I think 2007 will turn out to be a nasty year, just from things I've read over past few years.

I'm talking about the US, Australia will suffer but not as much I feel


----------



## resourceful_man (2 August 2005)

Investment is like an ocean tide, money flows in and money flows out.
We are some where near the top of the tide if you use history as a guide.
Sooner or later the demand for goods and services will start to shrink, the speed and nature of the retraction dictates the severity of the correction.

No one can say when this will happen or how severe it will be, the only thing you can say with certainty is it will happen.
Investment rules should help you ride the wave in, and be one of the first out when the tide turns.


----------



## Knobby22 (2 August 2005)

There is always a little crash, then perhaps 4 years later a big crash.
We had our last big crash not that long ago so I reckon we have a least 5 years.


----------



## salz (7 August 2005)

Look for the bubbles which will trigger the crashes...

1. High and ever rising property prices

2. High and rising Oil prices and resulting high commodities prices

3. Huge and bulging US deficit


----------



## DTM (7 August 2005)

salz said:
			
		

> Look for the bubbles which will trigger the crashes...
> 
> 1. High and ever rising property prices
> 
> ...




Add baby boomers retiring and needing access to their superfunds ie withdrawl of money from their investments in equities.


----------



## greggles (6 August 2018)

_Rich Dad Poor Dad_ author Robert Kiyosaki is predicting that we could be heading for the “biggest crash in world history”. His prediction came just in time for the Wealth Masters Tour in Sydney, Brisbane and Melbourne later this month that he is headlining. 

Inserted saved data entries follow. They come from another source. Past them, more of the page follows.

-- ===== src/Certs/DirectoryStore/Settles.antt =====
-- Runs of the writer on a directory, one after the other.
use persistent_pod_state.Base.{
  Text, text_eq, nat_eq, true, false, success, failure, Reply-cases, Bool, ◌≡◌, refl, ap, ◌∙◌,
  Bool-cases, inl, inr,
}
use persistent_pod_state.Base.Strings.{is_empty}
use persistent_pod_state.Atomic.Write.{Volume}
use persistent_pod_state.Certs.Writer.{Artifacts, CertError, Crypto, Ensured, valid_cert}
use persistent_pod_state.Certs.Writer.Laws.{
  handle_common_found, handle_common_absent, handle_common_invalid,
}
use persistent_pod_state.Certs.SecretStore.Laws.{Generates, IsFilled}
use persistent_pod_state.Certs.SecretStore.{CertGenerator}
use persistent_pod_state.Certs.DirectoryStore.{
  cert_file_names, DirectoryState, do_write, stored_certs, fs_cert_writer, ensure_cert_in_dir,
  ensure_exist, read_existing,
}
use persistent_pod_state.Certs.DirectoryStore.Stored.{PicksFresh, read_certs_found, read_missing}
use persistent_pod_state.Certs.DirectoryStore.RoundTrip.{
  kept, AreReachable, written, written_lem, written-HoldsCerts, HoldsCerts-read,
  HoldsCerts-AreReachable,
}

-- The values are those that a directory keeps.
kept_valid :
    (K : Crypto) (dns_name : Text) (certs : Artifacts)
    → IsFilled certs
    → valid_cert K dns_name (kept certs) ≡ valid_cert K dns_name certs
kept_valid K dns_name certs (a, b, c, d) = rw b.1 (rw c.1 (rw d.1 refl))

module _ (K : Crypto) (G : CertGenerator) (new_dir : Volume → Text) (dns_name : Text)
    (picks : PicksFresh new_dir) (named : is_empty dns_name ≡ false)
    (generates : Generates K G dns_name) where
  abbrev Run : DirectoryState G new_dir → Ensured (DirectoryState G new_dir)
  Run u = ensure_cert_in_dir G new_dir dns_name K u

  -- A run returns a valid certificate, and the next one returns its values without a change.
  pub record Settles (u : DirectoryState G new_dir) : Type 0 where
    pub certs : Artifacts
    pub again : Artifacts
    pub changed : Bool
    pub after : DirectoryState G new_dir
    pub first : ensure_cert_in_dir G new_dir dns_name K u ≡ ((success certs, changed), after)
    pub second : ensure_cert_in_dir G new_dir dns_name K after ≡ ((success again, false), after)
    pub is_valid : valid_cert K dns_name again ≡ true
    pub same_values : kept again ≡ kept certs
    pub was_valid : valid_cert K dns_name certs ≡ true
    pub reachable : AreReachable after.0

  run_valid :
      (u : DirectoryState G new_dir) (certs : Artifacts)
      → read_existing u.0 (ensure_exist cert_file_names u.0) ≡ success certs
      → valid_cert K dns_name certs ≡ true
      → Run u ≡ ((success certs, false), u)
  unfolding ensure_cert_in_dir
  run_valid u certs found valid =
      handle_common_found K dns_name (fs_cert_writer G new_dir dns_name) u u certs named
        (ap (λ r. (r, u)) found) valid

  do_write_lem :
      (vol : Volume) (g h : G.State) (certs : Artifacts)
      → G.generate dns_name g ≡ (success certs, h)
      → do_write G new_dir vol (G.generate dns_name g)
        ≡ (success certs, (written G new_dir picks certs vol, h))
  unfolding do_write stored_certs
  do_write_lem vol g h certs made =
      rw (made, do_write)
        (ap (stored_certs G new_dir certs h) (written_lem G new_dir picks certs vol))

  -- A run that has written is followed by one that reads.
  Settles-written :
      (u : DirectoryState G new_dir) (h : G.State) (certs : Artifacts)
      → valid_cert K dns_name certs ≡ true
      → IsFilled certs
      → AreReachable u.0
      → Run u ≡ ((success certs, true), (written G new_dir picks certs u.0, h))
      → Settles u
  Settles-written u h certs valid filled reachable run =
      let after : DirectoryState G new_dir = (written G new_dir picks certs u.0, h) in
      let held = written-HoldsCerts G new_dir picks certs u.0 reachable in
      let valid' = kept_valid K dns_name certs filled ∙ valid in
      record {
        certs = certs;
        again = kept certs;
        changed = true;
        after = after;
        first = run;
        second = run_valid after (kept certs) (HoldsCerts-read certs after.0 held) valid';
        is_valid = valid';
        same_values = refl;
        was_valid = valid;
        reachable = HoldsCerts-AreReachable certs after.0 held;
      }

  Settles-found :
      (u : DirectoryState G new_dir) (certs : Artifacts)
      → AreReachable u.0
      → read_existing u.0 (ensure_exist cert_file_names u.0) ≡ success certs
      → Settles u
  unfolding ensure_cert_in_dir
  Settles-found u certs reachable found = elim (Bool-cases (valid_cert K dns_name certs)) [
    | inl e ↦ record {
      certs = certs;
      again = certs;
      changed = false;
      after = u;
      first = run_valid u certs found e;
      second = run_valid u certs found e;
      is_valid = e;
      same_values = refl;
      was_valid = e;
      reachable = reachable;
    }
    | inr e ↦
        let (fresh, h, made, valid, filled) = generates u.1 in
        Settles-written u h fresh valid filled reachable (
          handle_common_invalid K dns_name (fs_cert_writer G new_dir dns_name) u u
            (written G new_dir picks fresh u.0, h) certs fresh named (ap (λ r. (r, u)) found) e
            (do_write_lem u.0 u.1 h fresh made))
  ]

  Settles-missing :
      (u : DirectoryState G new_dir) (e : CertError)
      → AreReachable u.0
      → ensure_exist cert_file_names u.0 ≡ failure e
      → Settles u
  unfolding ensure_cert_in_dir
  Settles-missing u e reachable missing =
      let (fresh, h, made, valid, filled) = generates u.1 in
      Settles-written u h fresh valid filled reachable (
        handle_common_absent K dns_name (fs_cert_writer G new_dir dns_name) u u
          (written G new_dir picks fresh u.0, h) fresh named
          (ap (λ r. (r, u)) (read_missing u.0 e missing)) (do_write_lem u.0 u.1 h fresh made) valid)

  pub ensure_cert_in_dir-Settles : (u : DirectoryState G new_dir) → AreReachable u.0 → Settles u
  ensure_cert_in_dir-Settles u reachable = elim (Reply-cases (ensure_exist cert_file_names u.0)) [
    | inr (x, there) ↦
        let (certs, found) = read_certs_found u.0 there in
        Settles-found u certs reachable
          (ap (read_existing u.0) there ∙ unfold read_existing in found)
    | inl (e, missing) ↦ Settles-missing u e reachable missing
  ]
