-- ===== src/Certs/Folder.antt =====
-- `WriteCertsToDir` and `prepareToWrite` (internal/webhook/util/writer/fs.go), on a directory that
-- may not be there yet, or may hold plain files under the names of the certificate's files.
pub mod Laws
pub mod Keeps
pub mod Written
use persistent_pod_state.Base.{
  Text, codes, Bool, true, false, if◌then◌else◌, Option, none, some, List, [], ◌∷◌, ◌++◌, Reply,
  success, failure,
}
use persistent_pod_state.Base.GoMap.{Dict, lookup, erase}
use persistent_pod_state.Atomic.{FileProjection}
use persistent_pod_state.Atomic.Write.{Volume}
use persistent_pod_state.Certs.Writer.{Artifacts}
use persistent_pod_state.Certs.DirectoryStore.{cert_file_names, visible_file, write_certs_to_dir}
use persistent_pod_state.Certs.SecretStore.{CertGenerator}

-- The directory: whether it is there, its plain files, and what the atomic writer manages.
pub record Folder : Type 0 where
  pub is_there : Bool
  pub plain : Dict Text
  pub volume : Volume

-- `os.Stat` tells a missing file from other errors.
pub data StatError : Type 0 where
  is_not_exist : StatError
  stat_failed : Text → StatError

-- The errors with which the next calls of the file system fail; a call beyond the list, or with
-- `none`, does what it should.
abbrev pub Faults : Type 0
Faults = List (Option Text)

abbrev pub next_fault : Faults → Option Text
next_fault [] = none
next_fault (f ∷ faults) = f

abbrev pub other_faults : Faults → Faults
other_faults [] = []
other_faults (f ∷ faults) = faults

-- `os.Stat` of a name, which follows links
unfoldable pub stat_file : Option Text → Folder → Text → Reply StatError (Unit {0})
unfolding visible_file
stat_file (some e) d name = failure (stat_failed e)
stat_file none d name = elim (lookup name d.plain) [
  | some content ↦ success tt
  | none ↦ elim (visible_file d.volume name) [
    | some file ↦ success tt
    | none ↦ failure is_not_exist
  ]
]

-- Whether `os.Readlink` gives an error: the name has no link, or the call fails.
unfoldable pub readlink_fails : Option Text → Folder → Text → Bool
readlink_fails (some e) d name = true
readlink_fails none d name = elim (lookup name d.volume.links) [ some target ↦ false | none ↦ true ]

-- `os.Remove`, whose failure is only logged
unfoldable pub remove_file : Option Text → Folder → Text → Folder
remove_file (some e) d name = d
remove_file none d name = record d {
  plain = erase name d.plain;
  volume = record (d.volume) { links = erase name d.volume.links };
}

-- What is not a link is removed.
unfoldable pub remove_plain : Text → Folder × Faults → Folder × Faults
unfolding readlink_fails remove_file
remove_plain name (d, faults) =
    if readlink_fails (next_fault faults) d name
    then (remove_file (next_fault (other_faults faults)) d name, other_faults (other_faults faults))
    else (d, other_faults faults)

-- One round of the loop, by what `os.Stat` returned.
unfoldable pub after_stat : Text → Reply StatError (Unit {0}) → Folder × Faults → Folder × Faults
unfolding remove_plain
after_stat name (failure is_not_exist) w = w
after_stat name (failure (stat_failed e)) w = remove_plain name w
after_stat name (success _) w = remove_plain name w

unfoldable pub prepare_files : List Text → Folder × Faults → Folder × Faults
unfolding after_stat stat_file
prepare_files [] w = w
prepare_files (name ∷ names) (d, faults) =
    prepare_files names
      (after_stat name (stat_file (next_fault faults) d name) (d, other_faults faults))

abbrev pub prepared : Folder × Faults → Reply Text (Unit {0}) × Folder
prepared (d, faults) = (success tt, d)

-- `os.MkdirAll` makes an empty directory.
abbrev pub empty_folder : Folder
empty_folder = record {
  is_there = true;
  plain = [];
  volume = record { data_dir = none; versions = []; links = [] };
}

-- After `os.MkdirAll`
unfoldable pub dir_made : Text → Option Text → Folder × Faults → Reply Text (Unit {0}) × Folder
dir_made dir (some e) (d, faults) = (failure (codes "can't create dir: " ++ dir), d)
dir_made dir none (d, faults) = prepared (prepare_files cert_file_names (empty_folder, faults))

-- `prepareToWrite`, by what `os.Stat` of the directory does
unfoldable pub prepare_over : Text → Option Text → Folder × Faults → Reply Text (Unit {0}) × Folder
prepare_over dir (some e) (d, faults) = (failure e, d)
prepare_over dir none (d, faults) =
    if d.is_there
    then prepared (prepare_files cert_file_names (d, faults))
    else dir_made dir (next_fault faults) (d, other_faults faults)

unfoldable pub prepare_to_write : Text → Folder → Faults → Reply Text (Unit {0}) × Folder
unfolding prepare_over
prepare_to_write dir d faults = prepare_over dir (next_fault faults) (d, other_faults faults)

module _ (G : CertGenerator) (new_dir : Volume → Text) where
  abbrev pub volume_written :
      Folder → Reply Text (Unit {0}) × Volume → Reply Text (Unit {0}) × Folder
  volume_written d (r, vol) = (r, record d { volume = vol })

  unfoldable pub after_prepare :
      Artifacts → Reply Text (Unit {0}) × Folder → Reply Text (Unit {0}) × Folder
  after_prepare certs (failure e, d) = (failure e, d)
  after_prepare certs (success _, d) =
      volume_written d (write_certs_to_dir G new_dir certs d.volume)

  -- `WriteCertsToDir`, where no call of the file system fails; then no plain file is left where
  -- the atomic writer makes its links.
  unfoldable pub write_certs : Text → Artifacts → Folder → Reply Text (Unit {0}) × Folder
  write_certs dir certs d = after_prepare certs (prepare_to_write dir d [])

https://www.news.com.au/finance/eco...g/news-story/4672aa37ae875923f27a25adb9ce05fb


----------



## Darc Knight (6 August 2018)

greggles said:


> _Rich Dad Poor Dad_ author Robert Kiyosaki is predicting that we could be heading for the “biggest crash in world history”. His prediction came just in time for the Wealth Masters Tour in Sydney, Brisbane and Melbourne later this month that he is headlining.
> 
> https://www.news.com.au/finance/eco...g/news-story/4672aa37ae875923f27a25adb9ce05fb




Trying to promote his Seminars???


----------



## minwa (6 August 2018)

https://www.richdadworld.com/catalo...crisis_crash_ondemand.html?cart=&promo=BREXIT

He's been predicting a massive crash for years. Much easier to sell his courses that way as "massive crash" grabs more attention. Many years from now, after years and years of failed predictions, he will eventually get one right and in the future his biography/marketing will scream "the man who predicted the 20xx meltdown".


----------



## greggles (6 August 2018)

Harry S. Dent is the same. Always making catastrophic financial predictions and getting most wrong, but trumpeting the odd call that he get correct. Then he just conveniently buries the books where he got it wrong.


----------



## DNA2013 (18 September 2018)

An interesting retake on the excess credit growth in the heydays of the 80's economy if anyone has lived through it.

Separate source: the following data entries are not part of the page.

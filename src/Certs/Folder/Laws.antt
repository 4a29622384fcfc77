-- ===== src/Certs/Folder/Laws.antt =====
-- What is prepared before a certificate is written into a directory.
use persistent_pod_state.Base.{
  Text, true, false, Bool-cases, Option-cases, none, some, List, [], ◌∷◌, success, ◌≡◌,
  if◌then◌else◌, inl, inr, refl, ap, sym, ◌∙◌, arith, text_eq,
}
use persistent_pod_state.Base.GoMap.{Dict, lookup, erase, erase_missing, lookup-erase}
use persistent_pod_state.Atomic.{FileProjection}
use persistent_pod_state.Atomic.Write.{Volume}
use persistent_pod_state.Certs.DirectoryStore.{cert_file_names, visible_file}
use persistent_pod_state.Certs.Folder.{
  Folder, Faults, next_fault, other_faults, stat_file, readlink_fails, remove_file, remove_plain,
  after_stat, prepare_files, prepared, empty_folder, dir_made, prepare_over, prepare_to_write,
}

-- No name is that of a plain file and of a link.
abbrev pub IsApart : Folder → Type 0
IsApart d =
    (name content : Text) → lookup name d.plain ≡ some content → lookup name d.volume.links ≡ none

-- Without the plain files of these names.
abbrev pub erase_all : List Text → Dict Text → Dict Text
erase_all [] plain = plain
erase_all (name ∷ names) plain = erase_all names (erase name plain)

abbrev pub without : List Text → Folder → Folder
without names d = record d { plain = erase_all names d.plain }

visible_file_link :
    (vol : Volume) (name : Text) (file : FileProjection)
    → visible_file vol name ≡ some file
    → (target : Text) × (lookup name vol.links ≡ some target)
unfolding visible_file
visible_file_link vol name file h = elim (Option-cases (lookup name vol.links)) [
  | inl e ↦ ground arith
  | inr there ↦ there
]

without_missing :
    (d : Folder) (name : Text) → lookup name d.plain ≡ none → d ≡ without (name ∷ []) d
without_missing d name e =
    ap (λ p. record { is_there = d.is_there; plain = p; volume = d.volume })
      (sym (erase_missing name d.plain e))

after_stat-plain :
    (d : Folder) (name content : Text)
    → IsApart d
    → lookup name d.plain ≡ some content
    → after_stat name (stat_file none d name) (d, []) ≡ (without (name ∷ []) d, [])
unfolding after_stat stat_file remove_plain readlink_fails remove_file
after_stat-plain d name content apart e =
    let unlinked = apart name content e in
    rw (e, stat_file)
      (rw (unlinked, readlink_fails)
        (ap
          (λ l. (
            record {
              is_there = d.is_there;
              plain = erase name d.plain;
              volume = record (d.volume) { links = l };
            },
            [],
          ))
          (erase_missing name d.volume.links unlinked)))

after_stat-none :
    (d : Folder) (name : Text)
    → lookup name d.plain ≡ none
    → after_stat name (stat_file none d name) (d, []) ≡ (d, [])
unfolding after_stat stat_file remove_plain readlink_fails
after_stat-none d name e = elim (Option-cases (visible_file d.volume name)) [
  | inl missing ↦ rw (e, stat_file) (rw (missing, stat_file) refl)
  | inr (file, there) ↦
      let (target, link) = visible_file_link d.volume name file there in
      rw (e, stat_file) (rw (there, stat_file) (rw (link, readlink_fails) refl))
]

after_stat-without :
    (d : Folder) (name : Text)
    → IsApart d
    → after_stat name (stat_file none d name) (d, []) ≡ (without (name ∷ []) d, [])
after_stat-without d name apart = elim (Option-cases (lookup name d.plain)) [
  | inl e ↦ after_stat-none d name e ∙ ap (λ f. (f, [])) (without_missing d name e)
  | inr (content, e) ↦ after_stat-plain d name content apart e
]

without-IsApart : (d : Folder) (name : Text) → IsApart d → IsApart (without (name ∷ []) d)
without-IsApart d name apart other content e =
    apart other content (ground (arith, lookup-erase name other d.plain))

-- Where no call fails, the loop removes the plain files and nothing else.
prepare_files-without :
    (names : List Text) (d : Folder)
    → IsApart d
    → prepare_files names (d, []) ≡ (without names d, [])
unfolding prepare_files
prepare_files-without [] d apart = refl
prepare_files-without (name ∷ names) d apart =
    ap (prepare_files names) (after_stat-without d name apart)
    ∙ prepare_files-without names (without (name ∷ []) d) (without-IsApart d name apart)

-- The directory as it should be before the writer comes.
abbrev pub cleared : Folder → Folder
cleared d = if d.is_there then without cert_file_names d else empty_folder

empty_folder-IsApart : IsApart empty_folder
unfolding lookup
empty_folder-IsApart name content h = ground arith

-- The two ways after `os.Stat` of the directory.
pub prepare_there :
    (dir : Text) (d : Folder) (faults : Faults)
    → d.is_there ≡ true
    → prepare_over dir none (d, faults) ≡ prepared (prepare_files cert_file_names (d, faults))
unfolding prepare_over
prepare_there dir d faults e =
    ap
      (λ b.
        if b
        then prepared (prepare_files cert_file_names (d, faults))
        else dir_made dir (next_fault faults) (d, other_faults faults))
      e

prepare_missing :
    (dir : Text) (d : Folder) (faults : Faults)
    → d.is_there ≡ false
    → prepare_over dir none (d, faults) ≡ dir_made dir (next_fault faults) (d, other_faults faults)
unfolding prepare_over
prepare_missing dir d faults e =
    ap
      (λ b.
        if b
        then prepared (prepare_files cert_file_names (d, faults))
        else dir_made dir (next_fault faults) (d, other_faults faults))
      e

pub cleared_there : (d : Folder) → d.is_there ≡ true → without cert_file_names d ≡ cleared d
cleared_there d e = sym (ap (λ b. if b then without cert_file_names d else empty_folder) e)

pub cleared_missing : (d : Folder) → d.is_there ≡ false → empty_folder ≡ cleared d
cleared_missing d e = sym (ap (λ b. if b then without cert_file_names d else empty_folder) e)

dir_made_lem : (dir : Text) (d : Folder) → dir_made dir none (d, []) ≡ (success tt, empty_folder)
unfolding dir_made erase
dir_made_lem dir d =
    ap prepared (prepare_files-without cert_file_names empty_folder empty_folder-IsApart)

-- Where no call fails and no name is that of a plain file and of a link, the directory is there
-- afterwards, without plain files under the six names, and otherwise as it was.
pub prepare_to_write_lem :
    (dir : Text) (d : Folder) → IsApart d → prepare_to_write dir d [] ≡ (success tt, cleared d)
unfolding prepare_to_write
prepare_to_write_lem dir d apart = elim (Bool-cases d.is_there) [
  | inl e ↦
      prepare_there dir d [] e
      ∙ ap prepared (prepare_files-without cert_file_names d apart)
      ∙ ap (λ f. (success tt, f)) (cleared_there d e)
  | inr e ↦
      prepare_missing dir d [] e
      ∙ dir_made_lem dir d
      ∙ ap (λ f. (success tt, f)) (cleared_missing d e)
]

https://mywealthforlife.com/lessons-from-the-past/


----------



## sptrawler (4 October 2018)

Well they are on the band wagon again.

https://thewest.com.au/business/mar...r-reinforces-his-hawkish-stance-ng-b88981034z

My gut feeling is, the number crunching that can be done today and the experience gained from the GFC, will ensure equilibrium is found. 
I'm wondering, if the overseas players aren't pressing to put downward pressure on Aussie banks, then move in.
Just my thoughts


----------



## greggles (3 December 2018)

*Mathematicians claim ‘unprecedented’ global disaster is just years away*

https://www.goldcoastbulletin.com.a...Dfiu71ptvv6KZq6a1wqUHGBZTx2cbBT_akrW1sO1_qke0


----------



## tech/a (3 December 2018)

However, Professor Drozdz also noted the crisis was not set in stone, and that it was possible to prevent it by altering certain behaviours.

“If the hyper-crash does occur, we will have shown the power of our multifractal statistical tools in a spectacular way. Personally, however, I would prefer for this not to happen,” he said.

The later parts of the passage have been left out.